Machine Learning Assisted Design of Catalysts for Metal-Air Batteries
SandBox is developing technologies which use DFT and proprietary machine learning and artificial intelligence algorithms to help its customers narrow the catalysts for evaluation by experiment and accelerate their discovery of new catalyst materials.
Metal-air batteries are attractive for long-ranged electrical vehicles and in-place energy storage due to their high operating voltages and energy densities. Because they exchange oxygen from the atmosphere, their weight and size are significantly reduced. Electrochemical catalysts for the oxygen reduction reaction (ORR) and oxygen evolution reaction (OER) are critical for fast charge and discharge rates, low overpotentials, and good charge/discharge efficiencies because of the naturally slow kinetics of these reactions.
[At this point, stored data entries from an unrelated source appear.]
-- ===== src/Logger/Writer/Rotation.antt =====
-- log_writer.cpp, `rotateNL_`: what happens to the numbered backups.
use supervisorcpp.Prelude.{
  ℕ, zero, suc, ◌-◌, [], Bool, true, Option, none, some, inl, inr, ◌≡◌, refl, ◌∙◌, arith, ltb, ◌==◌,
  if◌then◌else◌, Option-cases, Bytes, pos, pos_part, leb_ℤ,
}
use supervisorcpp.Logger.Writer.{
  Disk, Io, LogWriter, rename_backup, rename_backups, remove_oldest, rename_logfile, rotate_files,
  rotate_nl, open_nl,
}

-- No call of the file system fails.
pub record IsFaultless (io : Io) : Type 0 where
  pub opens : io.open_ok ≡ true
  pub sizes : io.size_ok ≡ true
  pub writes : io.write_ok ≡ true
  pub removes : io.remove_ok ≡ true
  pub renames : (i : ℕ) → io.rename_ok i ≡ true

-- One round of the loop, where the place above is free.
rename_backup_shift :
    (ok : ℕ → Bool) (i : ℕ) (d : Disk)
    → ok i ≡ true
    → d.backup (suc i) ≡ none
    → ((rename_backup ok i d).1 ≡ true)
      × ((rename_backup ok i d).0.logfile ≡ d.logfile)
      × ((j : ℕ)
          → (rename_backup ok i d).0.backup j
            ≡ (if j == i then none else if j == suc i then d.backup i else d.backup j))
unfolding rename_backup
rename_backup_shift ok i d good free = elim (Option-cases (d.backup i)) [
  | inl e ↦ rw (e, rename_backup) (refl, refl, λ j. ground (arith, e, free))
  | inr (b, e) ↦ rw (e, rename_backup) (rw good (refl, refl, λ j. ground (arith, e)))
]

-- What the loop from `k` down to 1 makes of the backups.
abbrev shifted : ℕ → (ℕ → Option Bytes) → ℕ → Option Bytes
shifted k b j =
    if ltb j 1 then b j else if ltb (suc k) j then b j else if j == 1 then none else b (j - 1)

-- The loop moves each `logfile.i` with `1 ≤ i ≤ k` to `logfile.(i + 1)`, and touches no other.
rename_backups_shift :
    (ok : ℕ → Bool) (k : ℕ) (d : Disk)
    → ((i : ℕ) → ok i ≡ true)
    → d.backup (suc k) ≡ none
    → ((rename_backups ok k d).1 ≡ true)
      × ((rename_backups ok k d).0.logfile ≡ d.logfile)
      × ((j : ℕ) → (rename_backups ok k d).0.backup j ≡ shifted k d.backup j)
unfolding rename_backups
rename_backups_shift ok zero d all free = (refl, refl, λ j. ground (arith, free))
rename_backups_shift ok (suc k) d all free =
    let d' = (rename_backup ok (suc k) d).0 in
    let first = rename_backup_shift ok (suc k) d (all (suc k)) free in
    let rest = rename_backups_shift ok k d' all (ground (arith, first.2 (suc k))) in
    rw (first.0, rename_backups)
      (rest.0, rest.1 ∙ first.1, λ j. ground (arith, rest.2 j, first.2 j, first.2 (j - 1)))

remove_oldest_lem :
    (io : Io) (m : ℕ) (d : Disk)
    → io.remove_ok ≡ true
    → ((remove_oldest io (suc m) d).1 ≡ true)
      × ((remove_oldest io (suc m) d).0.logfile ≡ d.logfile)
      × ((j : ℕ)
          → (remove_oldest io (suc m) d).0.backup j ≡ (if j == suc m then none else d.backup j))
unfolding remove_oldest
remove_oldest_lem io m d good = elim (Option-cases (d.backup (suc m))) [
  | inl e ↦ rw (e, remove_oldest) (refl, refl, λ j. ground (arith, e))
  | inr (b, e) ↦ rw (e, remove_oldest) (rw good (refl, refl, λ j. refl))
]

rename_logfile_lem :
    (io : Io) (d : Disk)
    → io.rename_ok 0 ≡ true
    → ((rename_logfile io d).logfile ≡ none)
      × ((j : ℕ)
          → (rename_logfile io d).backup j
            ≡ elim d.logfile [ none ↦ d.backup j | some b ↦ if j == 1 then some b else d.backup j ])
unfolding rename_logfile
rename_logfile_lem io d good = elim (Option-cases d.logfile) [
  | inl e ↦ rw (e, rename_logfile) (e, λ j. refl)
  | inr (b, e) ↦ rw (e, rename_logfile) (rw good (refl, λ j. refl))
]

-- With `m + 1` backups to keep, every file moves up one number and the oldest is dropped.
abbrev pub rotated : ℕ → Disk → ℕ → Option Bytes
rotated m d j =
    if ltb j 1
    then d.backup j
    else if ltb (suc m) j
    then d.backup j
    else if j == 1
    then d.logfile
    else d.backup (j - 1)

rotate_files_steps :
    (io : Io) (m : ℕ) (d : Disk)
    → (remove_oldest io (suc m) d).1 ≡ true
    → (rename_backups io.rename_ok m (remove_oldest io (suc m) d).0).1 ≡ true
    → rotate_files io (suc m) d
      ≡ rename_logfile io (rename_backups io.rename_ok m (remove_oldest io (suc m) d).0).0
unfolding rotate_files
rotate_files_steps io m d removed renamed =
    let less : suc m - 1 ≡ m = omega arith in
    rw (removed, rotate_files) (rw less (rw renamed (rw less)))

rotate_files_shift :
    (io : Io) (m : ℕ) (d : Disk)
    → IsFaultless io
    → ((rotate_files io (suc m) d).logfile ≡ none)
      × ((j : ℕ) → (rotate_files io (suc m) d).backup j ≡ rotated m d j)
rotate_files_shift io m d h =
    let d₁ = (remove_oldest io (suc m) d).0 in
    let removed = remove_oldest_lem io m d h.removes in
    let renamed =
      rename_backups_shift io.rename_ok m d₁ h.renames (ground (arith, removed.2 (suc m))) in
    let d₂ = (rename_backups io.rename_ok m d₁).0 in
    let moved = rename_logfile_lem io d₂ (h.renames 0) in
    rw (rotate_files_steps io m d removed.0 renamed.0) (
      moved.0,
      λ j.
          ground
            (arith, moved.1 j, renamed.1, removed.1, renamed.2 j, removed.2 j, removed.2 (j - 1)),
    )

-- With `backups = m + 1` and no failing call, a rotation moves `logfile` to `logfile.1` and each
-- `logfile.i` to `logfile.(i + 1)`, drops `logfile.(m + 1)`, leaves the files beyond alone, and
-- reopens an empty log.
pub rotate_nl-rotated :
    (io : Io) (w : LogWriter) (m : ℕ)
    → IsFaultless io
    → w.backups ≡ pos (suc m)
    → ((rotate_nl io w).is_open ≡ true)
      × ((rotate_nl io w).current_size ≡ 0)
      × ((rotate_nl io w).disk.logfile ≡ some [])
      × ((j : ℕ) → (rotate_nl io w).disk.backup j ≡ rotated m w.disk j)
unfolding rotate_nl open_nl
rotate_nl-rotated io w m h keep =
    let files = rotate_files_shift io m w.disk h in
    rw (keep, h.opens, h.sizes, files.0) (refl, refl, refl, files.1)

-- With no backups to keep (`backups <= 0`) and no failing call, a rotation still keeps the old log
-- as `logfile.1`, over what stood there, and touches no other backup.
rotate_nl-no_backups :
    (io : Io) (w : LogWriter) (old : Bytes)
    → IsFaultless io
    → leb_ℤ w.backups (pos 0) ≡ true
    → w.disk.logfile ≡ some old
    → ((rotate_nl io w).disk.logfile ≡ some [])
      × ((j : ℕ) → (rotate_nl io w).disk.backup j ≡ (if j == 1 then some old else w.disk.backup j))
unfolding rotate_nl open_nl rotate_files
rotate_nl-no_backups io w old h none_kept here =
    let zero_lem : pos_part w.backups ≡ 0 = ground arith in
    let moved = rename_logfile_lem io w.disk (h.renames 0) in
    rw (h.opens, zero_lem, moved.0, rotate_nl) (refl, λ j. moved.1 j ∙ rw here refl)

-- The same for every number of backups: a fresh log, with the old one behind it.
pub rotate_nl-fresh :
    (io : Io) (w : LogWriter) (old : Bytes)
    → IsFaultless io
    → w.disk.logfile ≡ some old
    → ((rotate_nl io w).is_open ≡ true)
      × ((rotate_nl io w).current_size ≡ 0)
      × ((rotate_nl io w).disk.logfile ≡ some [])
      × ((rotate_nl io w).disk.backup 1 ≡ some old)
unfolding rotate_nl open_nl rotate_files
rotate_nl-fresh io w old h here = go (pos_part w.backups) refl
  where
    go :
        (n : ℕ)
        → pos_part w.backups ≡ n
        → ((rotate_nl io w).is_open ≡ true)
          × ((rotate_nl io w).current_size ≡ 0)
          × ((rotate_nl io w).disk.logfile ≡ some [])
          × ((rotate_nl io w).disk.backup 1 ≡ some old)
    go zero e =
        let moved = rename_logfile_lem io w.disk (h.renames 0) in
        rw (h.opens, h.sizes, e, moved.0, rotate_nl) (refl, refl, refl, moved.1 1 ∙ rw here refl)
    go (suc m) e =
        let files = rotate_files_shift io m w.disk h in
        rw (h.opens, h.sizes, e, files.0, rotate_nl)
          (refl, refl, refl, files.1 1 ∙ ground (arith, here))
Currently, Pt is the highest performing catalyst, but it is very expensive, is not sustainable for broad applications, and has some long-term stability deficiencies. SandBox identifies low cost, high activity catalysts for ORR and OER using Density Functional Theory and machine learning to bring this energy storage and delivery technology into broad use. SandBox is developing technologies that use proprietary machine learning-enhanced approaches to construct databases containing asystematic ranking of potential catalysts for ORR and OER.
The development of catalysts to enable metal-air batteries will usher in a new era energy storage for electric vehicles (EVs) and in-place storage for intermittent wind and solar sources. These batteries will enable EVs to travel up to 10 times further than with current batteries and make in-home storage for solar efficient. There are also many military applications for these higher energy density batteries.